Similarly, checking “last command time of client” from the Client Compliance API would only confirm the last time that UDP 52311 was received by the client. Without a constant site propagate (or action) every X hours, that value will become stale and won’t be a good indication if UDP 52311 is getting through or not.

Can you elaborate on why would discourage pushing a new action to all computers every X hours? If the monitoring goal is to ensure that both TCP 52311 AND UDP 52311 are getting through, then pushing an action (that complete successfully) every X hours would prove that. True that it would take more overhead then just reading the 2 properties mentioned above, but for me, those are accurate enough.

cmcannady · October 4, 2016, 7:59pm

My original response to this thread was focusing specifically on querying the BES REST API to get a listing of endpoints that hadn’t reported in some period of time. Clearly there’s issues with this approach, specifically endpoint attrition and validity.

In my experience, it would be better to have a local monitoring tool to alert and/or automate the start/restart of the BESClient in an error or unknown state.

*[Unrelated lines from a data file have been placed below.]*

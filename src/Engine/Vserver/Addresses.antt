-- ===== src/Engine/Vserver/Addresses.antt =====
-- engine/vserver.go: what `vserver.updateState` settles.
use seesaw.Base.{
  ℕ, ◌≡◌, refl, ap, true, false, All, All-imp, ℕ_discrete, arith, ◌==◌, if◌then◌else◌, insert,
  remove, lookup-insert, lookup-remove,
}
use seesaw.Engine.Vserver.Data.{Env}
use seesaw.Engine.Vserver.State.{
  Vserver, is_active, vserver_health, update_service_list, update_services, vserver_up,
  vserver_down, vserver_update_state,
}
use seesaw.Engine.Vserver.Settled.{
  IsServiceSettled, IsSettled, IsReady, vserver_health-update_service_list,
  update_service_list_settles,
}

module _ (env : Env) (v : Vserver) (ip : ℕ) where
  vserver_up_effect :
      let v' = (vserver_up env v ip).0 in
      (v'.services ≡ (update_service_list true ip v.services).0)
      × ((j : ℕ) → is_active v' j ≡ (if ip == j then true else is_active v j))
  unfolding vserver_up update_services
  vserver_up_effect =
      let here : is_active (record v { active = insert ip true v.active }) ip ≡ true =
        ground (arith, lookup-insert ip ip true v.active) in
      (ground arith, λ j. ground (arith, lookup-insert ip j true v.active))

  pub vserver_down_effect :
      let v' = (vserver_down env v ip).0 in
      (v'.services ≡ (update_service_list false ip v.services).0)
      × ((j : ℕ) → is_active v' j ≡ (if ip == j then false else is_active v j))
  unfolding vserver_down update_services
  vserver_down_effect =
      let here : is_active (record v { active = remove ip v.active }) ip ≡ false =
        ground (arith, lookup-remove ip ip v.active) in
      (ground arith, λ j. ground (arith, lookup-remove ip j v.active))

  update_services_effect :
      let v' = (update_services v ip).0 in
      (v'.services ≡ (update_service_list (is_active v ip) ip v.services).0)
      × ((j : ℕ) → is_active v' j ≡ is_active v j)
  unfolding update_services
  update_services_effect = (refl, λ j. refl)

  -- What `updateState` does to the map and to the services, whichever way it goes.
  pub update_state_effect :
      let up = vserver_health env ip false v.services in
      let v' = (vserver_update_state env v ip).0 in
      (v'.services ≡ (update_service_list up ip v.services).0)
      × ((j : ℕ) → is_active v' j ≡ (if ip == j then up else is_active v j))
  unfolding vserver_update_state
  update_state_effect = (
    ground (arith, vserver_up_effect.0, vserver_down_effect.0, update_services_effect.0),
    λ j. elim (ℕ_discrete ip j) [
      | yes e ↦ ground (
        arith,
        vserver_up_effect.1 j,
        vserver_down_effect.1 j,
        update_services_effect.1 j,
        ap (is_active v) e,
      )
      | no other ↦
          ground (arith, vserver_up_effect.1 j, vserver_down_effect.1 j, update_services_effect.1 j)
    ],
  )

  -- `updateState` settles an address whose services are ready for it, if all else is settled.
  pub vserver_update_state-IsSettled :
      ((j : ℕ) → (ip == j) ≡ false → is_active v j ≡ vserver_health env j false v.services)
      → All (λ s. IsReady s × ((s.vip == ip) ≡ false → IsServiceSettled v s)) v.services
      → IsSettled env (vserver_update_state env v ip).0
  vserver_update_state-IsSettled elsewhere pending =
      let up = vserver_health env ip false v.services in
      let v' = (vserver_update_state env v ip).0 in
      let (services, active) = update_state_effect in
      let same_health =
        λ (j : ℕ). vserver_health-update_service_list env j false up ip v.services in
      record {
        addresses = λ j. elim (ℕ_discrete ip j) [
          | yes e ↦ rw services (
              ground (
                arith,
                active j,
                same_health j,
                ap (λ (i : ℕ). vserver_health env i false v.services) e,
              ))
          | no other ↦ rw services (ground (arith, active j, same_health j, elsewhere j))
        ];
        services = rw services (
            update_service_list_settles v' up ip v.services (ground (arith, active ip)) (
              All-imp
                (λ s p.
                  (p.0, λ other. (ground (arith, active s.vip, (p.1 other).0), (p.1 other).1)))
                v.services pending));
      }
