-- ===== src/Engine/Vserver/Config.antt =====
-- engine/vserver.go: how a vserver takes on a configuration. The services, destinations and checks are
-- those of `Vserver`; a check is named by a number, as by a pointer, and the map of the checks leads
-- from a key to it. `none` is the end of the process, by `log.Fatal` or by a panic.
pub mod Data
pub mod Expand
pub mod Checks
pub mod Vips
pub mod Equal
pub mod Services
pub mod Dests
pub mod Update
pub mod Run
pub mod Start
pub mod Settles
pub mod Links
pub mod Pointers
pub mod Families
pub mod Disabled
pub mod Deletion
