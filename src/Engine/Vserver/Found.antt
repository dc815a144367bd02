-- ===== src/Engine/Vserver/Found.antt =====
-- engine/vserver.go: a service under its key, and what a write to it means for the health of its
-- address.
use seesaw.Base.{
  ℕ, ◌≡◌, refl, ◌⊎◌, inl, inr, Bool, true, false, some, List, [], ◌∷◌, All, All-imp, arith, ◌==◌,
  if◌then◌else◌, Bool-cases,
}
use mathlib.Core.Path.{subst}
use seesaw.Engine.Vserver.Data.{ServiceKey, Service, Env}
use seesaw.Engine.Vserver.State.{same_key, find, replace, vserver_health}

-- The service that stands under the key has `P`, all others have `Q`.
abbrev pub Focus : (P Q : Service → Type 0) → ServiceKey → List Service → Type 0
Focus P Q key [] = Unit
Focus P Q key (s ∷ ss) =
    let rest = Focus P Q key ss in if same_key s.key key then P s × All Q ss else Q s × rest

pub Focus-find :
    (P Q : Service → Type 0) (key : ServiceKey) (ss : List Service) (s : Service)
    → Focus P Q key ss
    → find key ss ≡ some s
    → P s
Focus-find P Q key [] s h e = absurd (ground arith)
Focus-find P Q key (x ∷ ss) s h e = elim (Bool-cases (same_key x.key key)) [
  | inl here ↦ let same : x ≡ s = ground arith in subst P same (rw here at h).0
  | inr there ↦ Focus-find P Q key ss s (rw there at h).1 (rw there at e)
]

pub All-replace :
    (P Q R : Service → Type 0) (key : ServiceKey) (ss : List Service) (s s' : Service)
    → Focus P Q key ss
    → find key ss ≡ some s
    → R s'
    → ((x : Service) → Q x → R x)
    → All R (replace key s' ss)
All-replace P Q R key [] s s' h e r imp = tt
All-replace P Q R key (x ∷ ss) s s' h e r imp = elim (Bool-cases (same_key x.key key)) [
  | inl here ↦ rw here (r, All-imp imp ss (rw here at h).1)
  | inr there ↦ rw there (
    imp x (rw there at h).0,
    All-replace P Q R key ss s s' (rw there at h).1 (rw there at e) r imp,
  )
]

module _ (env : Env) (j : ℕ) (key : ServiceKey) (s s' : Service) where
  -- The health of an address does not see a write that leaves its own services' health alone.
  pub vserver_health-replace_same :
      (h : Bool) (ss : List Service)
      → find key ss ≡ some s
      → s'.vip ≡ s.vip
      → ((s.vip == j) ≡ false) ⊎ (s'.healthy ≡ s.healthy)
      → vserver_health env j h (replace key s' ss) ≡ vserver_health env j h ss
  unfolding vserver_health
  vserver_health-replace_same h [] e vip same = refl
  vserver_health-replace_same h (x ∷ ss) e vip same = ground (
    arith,
    vserver_health-replace_same h ss,
    vserver_health-replace_same true ss,
    vserver_health-replace_same false ss,
  )

  -- An address that is healthy stays so when one of its services becomes healthy.
  pub vserver_health-replace_up :
      (h : Bool) (ss : List Service)
      → find key ss ≡ some s
      → s'.vip ≡ s.vip
      → s.vip ≡ j
      → s.healthy ≡ false
      → s'.healthy ≡ true
      → vserver_health env j h ss ≡ true
      → vserver_health env j h (replace key s' ss) ≡ true
  unfolding vserver_health
  vserver_health-replace_up h [] e vip at was is up = absurd (ground arith)
  vserver_health-replace_up h (x ∷ ss) e vip at was is up = ground (
    arith,
    vserver_health-replace_up h ss,
    vserver_health-replace_up true ss,
    vserver_health-replace_up false ss,
  )

  -- An address that is not healthy stays so when one of its services becomes unhealthy.
  pub vserver_health-replace_down :
      (h : Bool) (ss : List Service)
      → find key ss ≡ some s
      → s'.vip ≡ s.vip
      → s.vip ≡ j
      → s.healthy ≡ true
      → s'.healthy ≡ false
      → vserver_health env j h ss ≡ false
      → vserver_health env j h (replace key s' ss) ≡ false
  unfolding vserver_health
  vserver_health-replace_down h [] e vip at was is up = absurd (ground arith)
  vserver_health-replace_down h (x ∷ ss) e vip at was is up = ground (
    arith,
    vserver_health-replace_down h ss,
    vserver_health-replace_down true ss,
    vserver_health-replace_down false ss,
  )

pub find-same_key :
    (key : ServiceKey) (ss : List Service) {s : Service}
    → find key ss ≡ some s
    → same_key s.key key ≡ true
find-same_key key [] e = absurd (ground arith)
find-same_key key (x ∷ ss) {s = s} e = ground (arith, find-same_key key ss {s = s})

pub find-replace :
    (key : ServiceKey) (ss : List Service) (s s' : Service)
    → find key ss ≡ some s
    → same_key s'.key key ≡ true
    → find key (replace key s' ss) ≡ some s'
find-replace key [] s s' e k = absurd (ground arith)
find-replace key (x ∷ ss) s s' e k = ground (arith, find-replace key ss s s')

pub Focus-replace :
    (P Q : Service → Type 0) (key : ServiceKey) (ss : List Service) (s s' : Service)
    → find key ss ≡ some s
    → same_key s'.key key ≡ true
    → P s'
    → All Q ss
    → Focus P Q key (replace key s' ss)
Focus-replace P Q key [] s s' e k p q = tt
Focus-replace P Q key (x ∷ ss) s s' e k p q = elim (Bool-cases (same_key x.key key)) [
  | inl here ↦ rw here (rw k (p, q.1))
  | inr there ↦ rw there (rw there (q.0, Focus-replace P Q key ss s s' (rw there at e) k p q.1))
]

pub All-find :
    (Q : Service → Type 0) (key : ServiceKey) (ss : List Service) (s : Service)
    → find key ss ≡ some s
    → All Q ss
    → Q s
All-find Q key [] s e q = absurd (ground arith)
All-find Q key (x ∷ ss) s e q = elim (Bool-cases (same_key x.key key)) [
  | inl here ↦ let same : x ≡ s = ground arith in subst Q same q.0
  | inr there ↦ All-find Q key ss s (rw there at e) q.1
]

pub replace-All :
    (Q : Service → Type 0) (key : ServiceKey) (ss : List Service) (s' : Service)
    → Q s'
    → All Q ss
    → All Q (replace key s' ss)
replace-All Q key [] s' p q = tt
replace-All Q key (x ∷ ss) s' p q = elim (Bool-cases (same_key x.key key)) [
  | inl here ↦ rw here (p, q.1)
  | inr there ↦ rw there (q.0, replace-All Q key ss s' p q.1)
]
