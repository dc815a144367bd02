-- ===== src/Engine/Vserver/Config/Families.antt =====
-- engine/vserver.go: a firewall mark vserver that gets an address of another family.
use mathlib.Core.Option as Option
use seesaw.Base.{
  ℕ, ◌≡◌, refl, ap, ◌∙◌, Bool, true, false, none, some, List, [], ◌∷◌, arith, Bool-cases,
  Option-cases, inl, inr, is_some,
}
use seesaw.Engine.Vserver.Data.{Backend, ServiceKey, Service, Destination, Env}
use seesaw.Engine.Vserver.Service.{update_dest_list, update_dests, service_up, service_down}
use seesaw.Engine.Vserver.State.{
  Vserver, same_key, find, update_service, update_service_list, vserver_health,
}
use seesaw.Engine.Vserver.Addresses.{update_state_effect}
use seesaw.Engine.Vserver.Events.{find_dest}
use seesaw.Engine.Vserver.Config.Data.{Config, Configured}
use seesaw.Engine.Vserver.Config.Expand.{
  put_service, new_dest, put_dest, expand_dests, backend_address,
}
use seesaw.Engine.Vserver.Config.Services.{add_service}
use seesaw.Engine.Vserver.Config.Dests.{
  add_new_dest, add_or_update_dest, add_or_update_dests, update_dests_under, has_service_key,
}

-- What two services have in common if they have the same destinations to come, and none yet.
abbrev IsEmptyLike : Service → Service → Type 0
IsEmptyLike s t = (t.key ≡ s.key) × (t.ventry ≡ s.ventry) × (t.dests ≡ [])

update_service-IsEmptyLike :
    (up : Bool) (ip : ℕ) (s : Service) → s.dests ≡ [] → IsEmptyLike s (update_service up ip s).0
unfolding update_service service_up service_down update_dests update_dest_list
update_service-IsEmptyLike up ip s none_yet = (ground arith, ground arith, ground arith)

update_service-key : (up : Bool) (ip : ℕ) (s : Service) → (update_service up ip s).0.key ≡ s.key
unfolding update_service service_up service_down update_dests
update_service-key up ip s = ground arith

pub find-update_service_list :
    (up : Bool) (ip : ℕ) (key : ServiceKey) (ss : List Service) (s : Service)
    → find key ss ≡ some s
    → find key (update_service_list up ip ss).0 ≡ some (update_service up ip s).0
unfolding update_service_list
find-update_service_list up ip key [] s e = absurd (ground arith)
find-update_service_list up ip key (t ∷ ts) s e = elim (Bool-cases (same_key t.key key)) [
  | inl here ↦
      let same : t ≡ s = Option.some-injective t s (rw (here) at e) in
      rw (update_service-key up ip t, here)
        (ap (λ (x : Service). some (update_service up ip x).0) same)
  | inr there ↦
      rw (update_service-key up ip t, there)
        (find-update_service_list up ip key ts s (rw (there) at e))
]

same_key_refl : (key : ServiceKey) → same_key key key ≡ true
same_key_refl key = ground arith

find-put_service : (s : Service) (ss : List Service) → find s.key (put_service s ss) ≡ some s
find-put_service s [] = ground (arith, same_key_refl s.key)
find-put_service s (t ∷ ts) = ground (arith, same_key_refl s.key, find-put_service s ts)

new_dest-IsEmptyLike :
    (s t : Service) (b : Backend) (ip : ℕ)
    → t.key ≡ s.key
    → t.ventry ≡ s.ventry
    → new_dest t b ip ≡ new_dest s b ip
unfolding new_dest
new_dest-IsEmptyLike s t b ip key ventry = ground arith

expand_dests-IsEmptyLike :
    (s t : Service) (backends : List Backend) (ds : List Destination)
    → t.key ≡ s.key
    → t.ventry ≡ s.ventry
    → expand_dests t backends ds ≡ expand_dests s backends ds
unfolding expand_dests
expand_dests-IsEmptyLike s t [] ds key ventry = refl
expand_dests-IsEmptyLike s t (b ∷ bs) ds key ventry =
    let same : (ip : ℕ) → new_dest t b ip ≡ new_dest s b ip =
      λ ip. new_dest-IsEmptyLike s t b ip key ventry in
    elim (Option-cases (backend_address b s.key.af)) [
      | inl missing ↦
          let missing' : backend_address b t.key.af ≡ none =
            ap (λ (k : ServiceKey). backend_address b k.af) key ∙ missing in
          rw (missing, missing') (expand_dests-IsEmptyLike s t bs ds key ventry)
      | inr (ip, there) ↦
          let there' : backend_address b t.key.af ≡ some ip =
            ap (λ (k : ServiceKey). backend_address b k.af) key ∙ there in
          rw (there, there', same ip)
            (expand_dests-IsEmptyLike s t bs (put_dest (new_dest s b ip) ds) key ventry)
    ]

nil_dests-stops :
    (env : Env) (g : Configured) (config : Config) (key : ServiceKey) (t : Service)
    (wanted : List Service) (d : Destination) (ds : List Destination)
    → find key g.vserver.services ≡ some t
    → t.dests ≡ []
    → has_service_key t.key g.nil_dests ≡ true
    → expand_dests t config.backends [] ≡ d ∷ ds
    → is_some (find key wanted) ≡ true
    → update_dests_under env config wanted g key ≡ none
unfolding update_dests_under add_or_update_dests add_or_update_dest add_new_dest
nil_dests-stops env g config key t wanted d ds found none_yet nil dests want =
    let missing : find_dest d.ip t.dests ≡ none = ap (find_dest d.ip) none_yet in
    let stops : add_or_update_dests env g key (d ∷ ds) ≡ none =
      rw (add_or_update_dests, add_or_update_dest, found, missing, add_new_dest, nil) refl in
    rw (update_dests_under, found, want, dests, stops) refl

nil_dests_of-add_service :
    (env : Env) (c : Configured) (config : Config) (svc : Service)
    → c.config ≡ some config
    → config.use_fwm ≡ true
    → has_service_key svc.key (add_service env c svc).nil_dests ≡ true
unfolding add_service
nil_dests_of-add_service env c config svc current fwm = ground (arith, same_key_refl svc.key)

-- Suppose that `configUpdate` of a vserver with firewall marks adds a service, as it does when the
-- vserver gets an address of its second family, and that a backend has an address of that family. Then
-- the update of the destinations of this service ends the process: it writes to a map that was never
-- made.
pub update_dests_under-add_service :
    (env : Env) (c : Configured) (config : Config) (svc : Service) (wanted : List Service)
    (d : Destination) (ds : List Destination)
    → c.config ≡ some config
    → config.use_fwm ≡ true
    → svc.dests ≡ []
    → expand_dests svc config.backends [] ≡ d ∷ ds
    → is_some (find svc.key wanted) ≡ true
    → update_dests_under env config wanted (add_service env c svc) svc.key ≡ none
unfolding add_service
update_dests_under-add_service env c config svc wanted d ds current fwm none_yet dests want =
    let v : Vserver = record c.vserver { services = put_service svc c.vserver.services } in
    let up = vserver_health env svc.vip false v.services in
    let t = (update_service up svc.vip svc).0 in
    let found : find svc.key (add_service env c svc).vserver.services ≡ some t =
      ap (find svc.key) (update_state_effect env v svc.vip).0
      ∙ find-update_service_list up svc.vip svc.key v.services svc
          (find-put_service svc c.vserver.services) in
    let like = update_service-IsEmptyLike up svc.vip svc none_yet in
    let same_dests : expand_dests t config.backends [] ≡ d ∷ ds =
      expand_dests-IsEmptyLike svc t config.backends [] like.0 like.1 ∙ dests in
    let nil : has_service_key t.key (add_service env c svc).nil_dests ≡ true =
      ap (λ k. has_service_key k (add_service env c svc).nil_dests) like.0
      ∙ nil_dests_of-add_service env c config svc current fwm in
    nil_dests-stops env (add_service env c svc) config svc.key t wanted d ds found like.2 nil
      same_dests want
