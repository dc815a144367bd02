-- ===== src/Engine/Vserver/Config/Deletion.antt =====
-- engine/vserver.go: services that `configUpdate` deletes.
use seesaw.Base.{◌≡◌, refl, sym, ap, ◌∙◌, Bool, true, false, some, List, [], ◌∷◌, All, arith, subst}
use mathlib.Core.Option as Option
use seesaw.Engine.Vserver.Data.{Service, Destination, IpvsService, Env}
use seesaw.Engine.Vserver.Service.{update_dest, update_dest_list, update_dests, service_down}
use seesaw.Engine.Vserver.State.{
  Vserver, find, replace, is_active, vserver_health, update_service, vserver_update_state,
}
use seesaw.Engine.Vserver.Settled.{IsSettled}
use seesaw.Engine.Vserver.Addresses.{update_state_effect}
use seesaw.Engine.Vserver.Found.{find-replace, find-same_key}
use seesaw.Engine.Vserver.Config.Families.{find-update_service_list}
use seesaw.Engine.Vserver.Config.Services.{take_down, delete_service, remove_service}

update_dest_list-down :
    (svc : IpvsService) (ds : List Destination)
    → All (λ d. d.active ≡ false) (update_dest_list svc false ds).0
unfolding update_dest_list update_dest
update_dest_list-down svc [] = tt
update_dest_list-down svc (d ∷ ds) = (ground arith, update_dest_list-down svc ds)

update_service-unhealthy :
    (up : Bool) (s : Service)
    → s.active ≡ true
    → s.healthy ≡ false
    → (update_service up s.vip s).0 ≡ (service_down s).0
unfolding update_service
update_service-unhealthy up s on sick = ground arith

-- When `deleteService` takes a service that is up out of the map, the service is down by then, and so
-- are all of its destinations: nothing of it is left in IPVS. This holds in every vserver that has the
-- service.
pub take_down-inactive :
    (env : Env) (v : Vserver) (s t : Service)
    → find s.key v.services ≡ some s
    → s.active ≡ true
    → find s.key (take_down env v s).0.services ≡ some t
    → (t.active ≡ false) × All (λ d. d.active ≡ false) t.dests
unfolding take_down service_down update_dests
take_down-inactive env v s t found on left =
    let s' : Service = record s { healthy = false } in
    let w : Vserver = record v { services = replace s.key s' v.services } in
    let up = vserver_health env s.vip false w.services in
    let found' : find s.key w.services ≡ some s' =
      find-replace s.key v.services s s' found (find-same_key s.key v.services {s = s} found) in
    let taken : take_down env v s ≡ vserver_update_state env w s.vip = rw (take_down, on) refl in
    let same : (update_service up s.vip s').0 ≡ t = Option.some-injective _ t (
      sym (find-update_service_list up s.vip s.key w.services s' found')
      ∙ (sym (ap (find s.key) (update_state_effect env w s.vip).0)
          ∙ (sym (ap (λ (p : Vserver × _). find s.key p.0.services) taken) ∙ left))) in
    let down : (service_down s').0 ≡ t = sym (update_service-unhealthy up s' on refl) ∙ same in
    (
      sym (ap (λ (x : Service). x.active) down),
      subst (λ (x : Service). All (λ d. d.active ≡ false) x.dests) down
          (update_dest_list-down s.ipvs_svc s.dests),
    )

-- Suppose that a vserver is settled, that the health of an address is bad, and that it would be good
-- without a certain service, which is down: an anycast address with one bad service. When
-- `deleteService` deletes this service, the address stays down although all that is left is healthy,
-- so that the vserver is not settled any more.
pub delete_service-unsettled :
    (env : Env) (v : Vserver) (s : Service)
    → IsSettled env v
    → s.active ≡ false
    → vserver_health env s.vip false v.services ≡ false
    → vserver_health env s.vip false (remove_service s.key v.services) ≡ true
    → (is_active (delete_service env v s).0 s.vip ≡ false)
      × ¬ IsSettled env (delete_service env v s).0
unfolding delete_service take_down
delete_service-unsettled env v s settled off before after =
    let w : Vserver = record v { services = remove_service s.key v.services } in
    let left : (delete_service env v s).0 ≡ w = ground arith in
    let down : is_active (delete_service env v s).0 s.vip ≡ false =
      ap (λ (x : Vserver). is_active x s.vip) left ∙ (settled.addresses s.vip ∙ before) in
    (
      down,
      λ h. absurd (
          ground (
            arith,
            h.addresses s.vip,
            down,
            ap (λ (x : Vserver). vserver_health env s.vip false x.services) left,
            after,
          )),
    )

steve · October 4, 2016, 10:16pm

I guess I’m not understanding why looking at the last report time in the console doesn’t tell you that the client is active or not. If you see a current last report time in the console, then you know the client is up and actually functioning to the point that it is reporting, and you know that the reports are flowing properly through the relay infrastructure.

So the only remaining possible issue is if UDP traffic is not flowing to the endpoint. Using a fixlet to check for UDP being blocked by firewall and reporting a property with the last command time of client should be sufficient to tell you whether UDP is functioning. Unless there are transient network issues occurring that prevent UDP transmissions randomly that you’re also trying to detect. If that’s the case, though, would anything be frequent enough to actually detect such an issue?

The only reason I see to try and monitor things on the endpoint directly, is if you intend to take corrective action based on what is detected. Is that the case here? Are you planning to restart the agent and/or update firewall rules based on what the monitor finds?

If you deploy an action every X hours, it is good confirmation for working clients, but those would also have accurate “last report time” values. It wouldn’t give you any real insight into what is wrong with the clients that don’t respond, though. Are they shutdown, off network, service stopped, service hung, UDP not working, relay busy/down, etc? You would still need to do additional investigation or run the monitor or just ignore them. So your generating all these additional actions, gathering traffic, action results, reporting traffic, and interrupting every client on this schedule just to re-confirm what the console displays; but not actually help fix the problem agents.

So all you know is which agents not to target for some later action because they won’t respond anyway. How is that valuable??